_DATASET ENTRIES_
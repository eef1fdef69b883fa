-- ===== src/TrapFlag.antt =====
-- The call stack of the trap-flag backend: src/core/decoder/VDTraceDecoderSupport.cpp, and the part
-- of the single-step handler of VDTraceDecoder.cpp that decides whether a callee is suppressed.
-- The back of a `std::vector` that is used as a stack is the head of the list.
pub mod Stack
pub mod Handler
pub mod Stepping
pub mod Steady
use vd_trace.Base.{
  ℕ, ◌+◌, ◌%◌, Bool, true, false, not, ◌&&◌, List, [], ◌∷◌, Option, none, some, ◌==◌, if◌then◌else◌,
  u64_mod,
}
use vd_trace.Session.{
  EventKind, call, return, kind_eq, InstructionDecodeResult, EnhancedSamplingFrame, Impl,
}
use vd_trace.Regions.{MemoryInformation}
use vd_trace.Regions.Policy.{should_suppress_trap_flag_call, trap_flag_frame_suppressed}
use vd_trace.Hardware.Transition.{
  refresh_current_call_depth, push_enhanced_sampling_frame, pop_enhanced_sampling_frame, pop,
}

unfoldable pub push_trap_flag_call_frame : Impl → ℕ → Bool → EnhancedSamplingFrame → Impl
push_trap_flag_call_frame impl return_address suppress_callee sample_frame =
    let s =
      push_enhanced_sampling_frame
        (record impl { call_return_stack = return_address ∷ impl.call_return_stack })
        sample_frame in
    refresh_current_call_depth
      (record s { trap_suppression_stack = suppress_callee ∷ s.trap_suppression_stack })

pop_if_top : Impl → ℕ → List ℕ → Impl
pop_if_top impl resume_address [] = impl
pop_if_top impl resume_address (top ∷ rest) =
    if not (top == resume_address)
    then impl
    else (let s = pop_enhanced_sampling_frame (record impl { call_return_stack = rest }) in
        refresh_current_call_depth
          (record s { trap_suppression_stack = pop s.trap_suppression_stack }))

unfoldable pub try_pop_trap_flag_call_frame : Impl → ℕ → Impl
unfolding pop_if_top
try_pop_trap_flag_call_frame impl resume_address =
    pop_if_top impl resume_address impl.call_return_stack

unfoldable pub update_trap_flag_call_stack :
    Impl → InstructionDecodeResult → ℕ → ℕ → Bool → EnhancedSamplingFrame → Impl
unfolding push_trap_flag_call_frame try_pop_trap_flag_call_frame
update_trap_flag_call_stack impl decode_result executed_rip current_rip suppress_callee
      sample_frame =
    if kind_eq decode_result.kind call && not (decode_result.size == 0)
    then push_trap_flag_call_frame impl ((executed_rip + decode_result.size) % u64_mod)
        suppress_callee sample_frame
    else if kind_eq decode_result.kind return
    then try_pop_trap_flag_call_frame impl current_rip
    else impl

module _ (virtual_query : ℕ → Option MemoryInformation) where
  -- The end of the handling of one step: `actual_target` is none where the handler has none.
  unfoldable pub finish_trap_flag_step :
      Impl → InstructionDecodeResult → ℕ → ℕ → ℕ → Option ℕ → EnhancedSamplingFrame → Impl
  finish_trap_flag_step impl decode_result executed_rip current_rip call_depth none sample_frame =
      update_trap_flag_call_stack impl decode_result executed_rip current_rip
        (trap_flag_frame_suppressed impl) sample_frame
  finish_trap_flag_step impl decode_result executed_rip current_rip call_depth (some target)
        sample_frame =
      let (suppress, cache) =
        should_suppress_trap_flag_call virtual_query impl impl.region_cache call_depth target in
      if kind_eq decode_result.kind call
      then update_trap_flag_call_stack (record impl { region_cache = cache }) decode_result
          executed_rip current_rip suppress sample_frame
      else update_trap_flag_call_stack impl decode_result executed_rip current_rip
          (trap_flag_frame_suppressed impl) sample_frame
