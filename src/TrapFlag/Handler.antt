-- ===== src/TrapFlag/Handler.antt =====
-- `HandleTrapFlagTraceException` of src/core/decoder/VDTraceDecoder.cpp, with `ShouldEmitEvent` and
-- `ShouldEmitTrapFlagEvent`: one step of the traced thread under the trap flag.
use vd_trace.Base.{
  ℕ, ◌+◌, ◌%◌, Bool, true, false, not, ◌&&◌, ◌||◌, [], Option, none, some, leb, ◌==◌, if◌then◌else◌,
  u64_mod,
}
use vd_trace.Session.{
  call, return, kind_eq, ModuleRange, InstructionDecodeResult, ExecutionAddressKind, outside_image,
  anonymous_executable, tracked_module, ResolvedExecutionAddress, EnhancedSamplingFrame,
  ActiveProbeSession, ProbeMode, StepEvent, no_event, Impl,
}
use vd_trace.Regions.{resolve_execution_address}
use vd_trace.Regions.Policy.{trap_flag_frame_suppressed}
use vd_trace.Hardware.{Context, set_trap_flag, clear_trap_flag, is_hardware_terminator}
use vd_trace.Hardware.Transition.{
  next64, refresh_current_call_depth, should_auto_stop_on_root_return,
}
use vd_trace.Hardware.Exception.{exception_single_step}
use vd_trace.Runtime.{
  Machine, Handled, resume, pass_on, count_event, emit_event, in_module, snapshot_execution_summary,
}
use vd_trace.Runtime.Handoff.{try_activate_async_thread_handoff}
use vd_trace.Runtime.Rotation.{rotate_queued_trigger_trace}
use vd_trace.Probe.{local_probe_session, try_emit_value_probe_event}
use vd_trace.Probe.Local.{ProbeStep, ProbeOutcome, handle_active_probe_single_step}
use vd_trace.TrapFlag.{finish_trap_flag_step}

-- `context->EFlags |= 0x100u` and `&= ~0x100u`
abbrev pub set_step : Context → Context
set_step context = record context { e_flags = set_trap_flag context.e_flags }

abbrev pub clear_step : Context → Context
clear_step context = record context { e_flags = clear_trap_flag context.e_flags }

-- The kinds that `ShouldEmitEvent` lists are those that end a basic block.
unfoldable pub should_emit_event : Impl → InstructionDecodeResult → Bool
unfolding is_hardware_terminator
should_emit_event impl decode_result =
    not impl.options.control_flow_only || is_hardware_terminator decode_result.kind

abbrev is_filter_trace : ProbeMode → Bool
is_filter_trace ProbeMode.filter_trace = true
is_filter_trace _ = false

unfoldable pub should_emit_trap_flag_event : Impl → InstructionDecodeResult → Bool
unfolding should_emit_event
should_emit_trap_flag_event impl decode_result =
    (impl.active_probe.active && is_filter_trace impl.active_probe.mode)
    || should_emit_event impl decode_result

-- `actual_target`, where there is one.
unfoldable pub actual_target_of : InstructionDecodeResult → ℕ → ℕ → Option ℕ
actual_target_of d executed_rip current_rip =
    if d.has_target
    then some d.target
    else if kind_eq d.kind call && not (current_rip == (executed_rip + d.size) % u64_mod)
    then some current_rip
    else if kind_eq d.kind return && not (current_rip == 0)
    then some current_rip
    else none

-- `range`, and whether the address is recorded.
abbrev pub range_of : ExecutionAddressKind → Option ModuleRange → Option ModuleRange
range_of tracked_module r = r
range_of _ r = none

abbrev pub is_outside_recordable : Impl → ExecutionAddressKind → Bool
is_outside_recordable impl anonymous_executable = true
is_outside_recordable impl outside_image = impl.options.trace_outside_modules
is_outside_recordable impl _ = false

abbrev pub has_range : Option ModuleRange → Bool
has_range none = false
has_range (some r) = true

abbrev has_some : Option ℕ → Bool
has_some none = false
has_some (some a) = true

abbrev pub or_zero : Option ℕ → ℕ
or_zero none = 0
or_zero (some a) = a

abbrev pub no_frame : EnhancedSamplingFrame
no_frame = record { active = false; argument_count = 0; arguments = [] }

-- The end of a session under the trap flag.
unfoldable pub stop_stepping : Impl → Context → Handled
stop_stepping impl context =
    resume (record (snapshot_execution_summary impl) { running = false; last_rip_valid = false })
      (clear_step context)

module _ (machine : Machine) where
  unfoldable pub trap_flag_event : Impl → ProbeStep → Option ModuleRange → Context → StepEvent
  trap_flag_event impl s range context =
      let kind = s.decode_result.kind in
      let calls = kind_eq kind call && has_some s.actual_target in
      in_module range (record no_event {
        sequence = next64 impl.event_count;
        thread_id = machine.current_thread_id;
        instruction = s.executed_rip;
        stack_pointer = context.rsp;
        block_begin = s.executed_rip;
        block_end = (s.executed_rip + s.decode_result.size) % u64_mod;
        call_depth = s.call_depth;
        kind = kind;
        instruction_size = s.decode_result.size;
        instruction_bytes = s.decode_result.bytes;
        has_target = has_some s.actual_target;
        target = or_zero s.actual_target;
        call_arguments = if calls then machine.call_arguments context else [];
        has_return_value = kind_eq kind return;
        return_value = if kind_eq kind return then context.rax else 0;
      })

  -- On what `RotateQueuedTriggerTrace` returns at the root.
  unfoldable pub rotate_or_stop : Bool × Impl × Context → Handled
  unfolding stop_stepping
  rotate_or_stop (true, impl, context) = resume (record impl { last_rip_valid = false }) context
  rotate_or_stop (false, impl, context) = stop_stepping impl context

  -- Behind the step of the probe's session.
  unfoldable pub finish_step : Bool → ProbeStep → ProbeOutcome → Handled
  unfolding rotate_or_stop
  finish_step emitted s o =
      let impl = o.impl in
      if not o.succeeded
      then resume (record impl { last_rip_valid = false }) (clear_step o.context)
      else if o.restored_hardware_flow
      then resume (record impl { last_rip_valid = false }) o.context
      else if emitted && should_auto_stop_on_root_return impl s.decode_result.kind s.call_depth
      then rotate_or_stop (rotate_queued_trigger_trace machine impl o.context)
      else if not (impl.options.max_events == 0) && leb impl.options.max_events impl.event_count
      then stop_stepping impl o.context
      else resume impl (set_step o.context)

  -- The stack of calls and the session of a probe.
  unfoldable pub update_step : Bool → EnhancedSamplingFrame → Impl → ProbeStep → Context → Handled
  unfolding finish_step
  update_step emitted frame impl s context = finish_step emitted s (
      handle_active_probe_single_step machine
        (finish_trap_flag_step machine.virtual_query impl s.decode_result s.executed_rip
          s.current_rip s.call_depth s.actual_target frame)
        s context)

  -- On what `TryActivateAsyncThreadHandoff` returns behind the event of a call.
  unfoldable pub switch_or_update :
      EnhancedSamplingFrame → ProbeStep → Bool × Impl × Context → Handled
  unfolding update_step
  switch_or_update frame s (true, impl, context) = resume impl context
  switch_or_update frame s (false, impl, context) = update_step true frame impl s context

  unfoldable pub emit_step : Impl → ProbeStep → Option ModuleRange → Context → Handled
  unfolding switch_or_update
  emit_step impl s range context =
      let event = trap_flag_event impl s range context in
      let calls = kind_eq s.decode_result.kind call in
      let emitted = emit_event (count_event impl) event in
      let frame =
        if calls && has_some s.actual_target then machine.sample_call impl event else no_frame in
      if calls
      then switch_or_update frame s (
          try_activate_async_thread_handoff machine emitted (or_zero s.actual_target) event context)
      else update_step true frame emitted s context

  unfoldable pub decide_step : ResolvedExecutionAddress → Impl → ProbeStep → Context → Handled
  unfolding emit_step
  decide_step resolved impl s context =
      let range = range_of resolved.kind resolved.module_range in
      if (has_range range || is_outside_recordable impl resolved.kind)
        && should_emit_trap_flag_event impl s.decode_result
        && not (trap_flag_frame_suppressed impl)
      then emit_step impl s range context
      else update_step false no_frame impl s context

  abbrev pub with_session : Option ActiveProbeSession → Impl → Impl
  with_session none impl = impl
  with_session (some session) impl = record impl { active_probe = session }

  -- The session when the instruction that was executed is decoded.
  unfoldable pub begin_step : Impl → ℕ → Context → Impl
  begin_step impl current_rip context =
      let probed =
        try_emit_value_probe_event machine
          (record impl { last_rip = current_rip; last_rip_valid = true }) current_rip context in
      let local = with_session (local_probe_session machine probed current_rip false) probed in
      record local { step_count = next64 local.step_count }

  unfoldable pub step_of : Impl → ℕ → ℕ → ProbeStep
  step_of impl executed_rip current_rip =
      let decode = machine.decode_instruction executed_rip in
      record {
        executed_rip = executed_rip;
        current_rip = current_rip;
        decode_result = decode;
        call_depth = impl.current_call_depth;
        actual_target = actual_target_of decode executed_rip current_rip;
      }

  unfoldable pub trace_step : Impl → ℕ → ℕ → Context → Handled
  unfolding decide_step begin_step step_of
  trace_step impl executed_rip current_rip context =
      let begun = begin_step impl current_rip context in
      let (resolved, cache) =
        resolve_execution_address machine.virtual_query begun begun.region_cache executed_rip in
      decide_step resolved (record begun { region_cache = cache })
        (step_of begun executed_rip current_rip) context

  -- A stop that another thread has asked for.
  unfoldable pub stop_on_request : Impl → Context → Handled
  stop_on_request impl context =
      resume
        (refresh_current_call_depth
          (record (snapshot_execution_summary (record impl { stop_requested = false })) {
            running = false;
            last_rip = 0;
            last_rip_valid = false;
            call_return_stack = [];
            trap_suppression_stack = [];
          }))
        (clear_step context)

  unfoldable pub handle_trap_flag_trace_exception : ℕ → Impl → Context → Handled
  unfolding trace_step stop_on_request
  handle_trap_flag_trace_exception exception_code impl context =
      if not (exception_code == exception_single_step)
      then pass_on impl context
      else if impl.stop_requested
      then stop_on_request impl context
      else if not impl.running
      then pass_on impl context
      else trace_step impl (if impl.last_rip_valid then impl.last_rip else context.rip) context.rip
          context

_AIM OF THE EXERCISE_
Could you please give the number of lines in the data above that contain the word "ActiveProbeSession"? Only the number is needed.

_RESPONSE TO THIS EXERCISE_
2